◆ **What you should do**:
Go through the material below and tally every line with the string "ScrapeStatus". Reply with the number only.

Start of Block

-- ===== src/Queue/Table/Writes.antt =====
-- What a write to the table changes, and what it leaves.
use sport_crawl.Prelude.{
  eq_of_some, ℕ, Bool, true, some, none, [], ◌∷◌, ◌≡◌, refl, arith, ◌==◌, if◌then◌else◌, All,
  is_some, inl, inr, Bool-cases,
}
use mathlib.Core.Path.{subst}
use sport_crawl.Queue.Table.{
  ScrapeStatus, pending, in_progress, done, failed, is_status, ScrapeQueue, Table, find, save,
  update_where, ids,
}

module _ (P : ScrapeQueue → Type 0) where
  pub All-save : (row : ScrapeQueue) (table : Table) → P row → All P table → All P (save row table)
  unfolding save
  All-save row [] p h = h
  All-save row (r ∷ rest) p h = (ground arith, All-save row rest p h.1)

  pub All-update_where :
      (test : ScrapeQueue → Bool) (change : ScrapeQueue → ScrapeQueue) (table : Table)
      → ((r : ScrapeQueue) → test r ≡ true → P r → P (change r))
      → All P table
      → All P (update_where test change table)
  unfolding update_where
  All-update_where test change [] keep h = h
  All-update_where test change (r ∷ rest) keep h =
      (ground (arith, keep r), All-update_where test change rest keep h.1)

  pub All-find :
      (i : ℕ) (table : Table) (r : ScrapeQueue) → All P table → find i table ≡ some r → P r
  unfolding find
  All-find i [] r h e = cc
  All-find i (q ∷ rest) r h e = elim (Bool-cases (q.id == i)) [
    | inl same ↦ subst P (eq_of_some (rw same at e)) h.0
    | inr other ↦ All-find i rest r h.1 (rw other at e)
  ]

pub ids-save : (row : ScrapeQueue) (table : Table) → ids (save row table) ≡ ids table
unfolding save
ids-save row [] = refl
ids-save row (r ∷ rest) = ground (arith, ids-save row rest)

pub find-save :
    (i : ℕ) (row : ScrapeQueue) (table : Table)
    → find i (save row table)
      ≡ (if row.id == i then (if is_some (find i table) then some row else none) else find i table)
unfolding find save
find-save i row [] = ground arith
find-save i row (r ∷ rest) = ground (arith, find-save i row rest)

pub is_status-eq : (a b : ScrapeStatus) → is_status a b ≡ true → a ≡ b
is_status-eq pending pending h = refl
is_status-eq in_progress in_progress h = refl
is_status-eq done done h = refl
is_status-eq failed failed h = refl
is_status-eq pending in_progress h = absurd (cc)
is_status-eq pending done h = absurd (cc)
is_status-eq pending failed h = absurd (cc)
is_status-eq in_progress pending h = absurd (cc)
is_status-eq in_progress done h = absurd (cc)
is_status-eq in_progress failed h = absurd (cc)
is_status-eq done pending h = absurd (cc)
is_status-eq done in_progress h = absurd (cc)
is_status-eq done failed h = absurd (cc)
is_status-eq failed pending h = absurd (cc)
is_status-eq failed in_progress h = absurd (cc)
is_status-eq failed done h = absurd (cc)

End of Block

◆ **Solution below**:
2